=== Section Start ===

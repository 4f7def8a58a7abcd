-- ===== src/Api/People/Reviewed.antt =====
-- Api.People against the requests for a change of bank details.
use mathlib.Core.Path.{subst}
use agri_flow.Prelude.{ℕ, ◌≤◌, ◌≡◌, sym, arith, String, Option, List}
use agri_flow.Prelude.Decimal.{Decimal}
use agri_flow.Prelude.Table.{count_by}
use agri_flow.Enums.{UserRole, UserStatus}
use agri_flow.Models.{Db}
use agri_flow.Session.{Session, World}
use agri_flow.Notify.{audit}
use agri_flow.Permissions.{Claims}
use agri_flow.Auth.{revoke_all_sessions}
use agri_flow.Accounts.{
  create_farmer, create_manager, reset_manager_password, update_manager_status, set_approval,
  ProfileUpdate, update_farmer_by_admin, update_manager,
}
use agri_flow.Farmers.{OwnUpdate, update_own_profile, request_bank_change, review_bank_change}
use agri_flow.Farmers.Bank.{
  IsReviewed, one_if, request_bank_change-IsReviewed, review_bank_change-IsReviewed,
}
use agri_flow.Api.{requests}
use agri_flow.Api.Keeps.{
  Keeps, answered-Keeps, endpoint-Keeps, farmer_endpoint-Keeps, requests-Keeps,
}
use agri_flow.Api.People.{PeopleCall, serve_people}

-- an operation that leaves the requests alone
IsReviewed-frame : (d e : Db) → e.bank_requests ≡ d.bank_requests → IsReviewed d → IsReviewed e
unfolding IsReviewed
IsReviewed-frame d e same inv f = subst (λ t. count_by (one_if f) t ≤ 1) (sym same) (inv f)

update_own_profile-frame :
    (i : ℕ) (f : OwnUpdate) (s : Session)
    → (update_own_profile i f s).1.db.bank_requests ≡ s.db.bank_requests
unfolding update_own_profile
update_own_profile-frame i f s = ground arith

set_approval-frame :
    (i k : ℕ) (x : UserStatus) (s : Session)
    → (set_approval i k x s).1.db.bank_requests ≡ s.db.bank_requests
unfolding set_approval audit
set_approval-frame i k x s = ground arith

create_farmer-frame :
    (hash : String → String) (i : ℕ) (name phone : String) (email : Option String) (pw : String)
    (address : Option String) (acres : Option Decimal) (field : Option String) (k l : ℕ)
    (s : Session)
    → (create_farmer hash i name phone email pw address acres field k l s).1.db.bank_requests
      ≡ s.db.bank_requests
unfolding create_farmer audit
create_farmer-frame hash i name phone email pw address acres field k l s = ground arith

update_farmer_by_admin-frame :
    (i f : ℕ) (name phone email : Option String) (p : ProfileUpdate) (k : ℕ) (s : Session)
    → (update_farmer_by_admin i f name phone email p k s).1.db.bank_requests ≡ s.db.bank_requests
unfolding update_farmer_by_admin audit
update_farmer_by_admin-frame i f name phone email p k s = ground arith

create_manager-frame :
    (hash : String → String) (i : ℕ) (name phone : String) (email : Option String) (pw : String)
    (role : UserRole) (region dep : Option String) (k l : ℕ) (s : Session)
    → (create_manager hash i name phone email pw role region dep k l s).1.db.bank_requests
      ≡ s.db.bank_requests
unfolding create_manager audit
create_manager-frame hash i name phone email pw role region dep k l s = ground arith

update_manager_status-frame :
    (i k : ℕ) (x : UserStatus) (s : Session)
    → (update_manager_status i k x s).1.db.bank_requests ≡ s.db.bank_requests
unfolding update_manager_status audit
update_manager_status-frame i k x s = ground arith

update_manager-frame :
    (i m : ℕ) (name phone email region dep : Option String) (k : ℕ) (s : Session)
    → (update_manager i m name phone email region dep k s).1.db.bank_requests ≡ s.db.bank_requests
unfolding update_manager audit
update_manager-frame i m name phone email region dep k s = ground arith

reset_manager_password-frame :
    (hash : String → String) (i m : ℕ) (pw : String) (s : Session)
    → (reset_manager_password hash i m pw s).1.db.bank_requests ≡ s.db.bank_requests
unfolding reset_manager_password revoke_all_sessions audit
reset_manager_password-frame hash i m pw s = ground arith

module _ (decode_token : String → Option Claims) (hash : String → String) where
  serve_people-IsReviewed :
      (c : ℕ × Option String × PeopleCall) → Keeps IsReviewed (serve_people decode_token hash c)
  unfolding serve_people
  serve_people-IsReviewed (now, token, PeopleCall.update_my_profile_call f) =
      endpoint-Keeps IsReviewed decode_token token _ _ _ λ i user v.
        answered-Keeps IsReviewed (update_own_profile i f)
          λ s z h. IsReviewed-frame s.db _ (update_own_profile-frame i f s)
  serve_people-IsReviewed (now, token, PeopleCall.request_bank_change_call b k) =
      endpoint-Keeps IsReviewed decode_token token _ _ _ λ i user v.
        answered-Keeps IsReviewed (request_bank_change i b k)
          λ s z h. request_bank_change-IsReviewed i b k s
  serve_people-IsReviewed (now, token, PeopleCall.request_own_bank_change_call b k) =
      farmer_endpoint-Keeps IsReviewed decode_token token _ _ _ λ i user.
        answered-Keeps IsReviewed (request_bank_change i b k)
          λ s z h. request_bank_change-IsReviewed i b k s
  serve_people-IsReviewed (now, token, PeopleCall.review_bank_change_call r b n) =
      endpoint-Keeps IsReviewed decode_token token _ _ _ λ i user v.
        answered-Keeps IsReviewed (review_bank_change now i r b n)
          λ s z h. review_bank_change-IsReviewed now i r b n s
  serve_people-IsReviewed (now, token, PeopleCall.set_farmer_approval_call f x) =
      endpoint-Keeps IsReviewed decode_token token _ _ _ λ i user v.
        answered-Keeps IsReviewed (set_approval i f x)
          λ s z h. IsReviewed-frame s.db _ (set_approval-frame i f x s)
  serve_people-IsReviewed (now, token, PeopleCall.create_farmer_call n p e w a q f k l) =
      endpoint-Keeps IsReviewed decode_token token _ _ _ λ i user v.
        answered-Keeps IsReviewed (create_farmer hash i n p e w a q f k l)
          λ s z h. IsReviewed-frame s.db _ (create_farmer-frame hash i n p e w a q f k l s)
  serve_people-IsReviewed (now, token, PeopleCall.update_farmer_call f n p e q k) =
      endpoint-Keeps IsReviewed decode_token token _ _ _ λ i user v.
        answered-Keeps IsReviewed (update_farmer_by_admin i f n p e q k)
          λ s z h. IsReviewed-frame s.db _ (update_farmer_by_admin-frame i f n p e q k s)
  serve_people-IsReviewed (now, token, PeopleCall.create_manager_call n p e w r g u k l) =
      endpoint-Keeps IsReviewed decode_token token _ _ _ λ i user v.
        answered-Keeps IsReviewed (create_manager hash i n p e w r g u k l)
          λ s z h. IsReviewed-frame s.db _ (create_manager-frame hash i n p e w r g u k l s)
  serve_people-IsReviewed (now, token, PeopleCall.update_manager_status_call m x) =
      endpoint-Keeps IsReviewed decode_token token _ _ _ λ i user v.
        answered-Keeps IsReviewed (update_manager_status i m x)
          λ s z h. IsReviewed-frame s.db _ (update_manager_status-frame i m x s)
  serve_people-IsReviewed (now, token, PeopleCall.update_manager_call m n p e g u k) =
      endpoint-Keeps IsReviewed decode_token token _ _ _ λ i user v.
        answered-Keeps IsReviewed (update_manager i m n p e g u k)
          λ s z h. IsReviewed-frame s.db _ (update_manager-frame i m n p e g u k s)
  serve_people-IsReviewed (now, token, PeopleCall.reset_manager_password_call m w) =
      endpoint-Keeps IsReviewed decode_token token _ _ _
        λ i user v. λ s z h. IsReviewed-frame s.db _ (reset_manager_password-frame hash i m w s)

-- From committed rows in which no farmer has two pending requests for a change of bank details, any
-- sequence of requests about farmers and managers that run one after the other, none beginning
-- before the one before it has committed or rolled back, commits rows of which the same holds. The
-- decoding of tokens and the hashing of passwords are arbitrary.
pub people-IsReviewed :
    (decode_token : String → Option Claims) (hash : String → String)
    (calls : List (ℕ × Option String × PeopleCall)) (w : World)
    → IsReviewed w.committed
    → IsReviewed (requests (serve_people decode_token hash) calls w).committed
people-IsReviewed decode_token hash calls w inv =
    requests-Keeps IsReviewed (serve_people decode_token hash)
      (serve_people-IsReviewed decode_token hash) calls w inv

=== Section End ===

What you return must be an exact retyping of the lines above starting at the line with "update_manager-frame i m name" and ending at the line with "unfolding serve_people", and nothing besides.

Response to the exercise:
update_manager-frame i m name phone email region dep k s = ground arith

reset_manager_password-frame :
    (hash : String → String) (i m : ℕ) (pw : String) (s : Session)
    → (reset_manager_password hash i m pw s).1.db.bank_requests ≡ s.db.bank_requests
unfolding reset_manager_password revoke_all_sessions audit
reset_manager_password-frame hash i m pw s = ground arith

module _ (decode_token : String → Option Claims) (hash : String → String) where
  serve_people-IsReviewed :
      (c : ℕ × Option String × PeopleCall) → Keeps IsReviewed (serve_people decode_token hash c)
  unfolding serve_people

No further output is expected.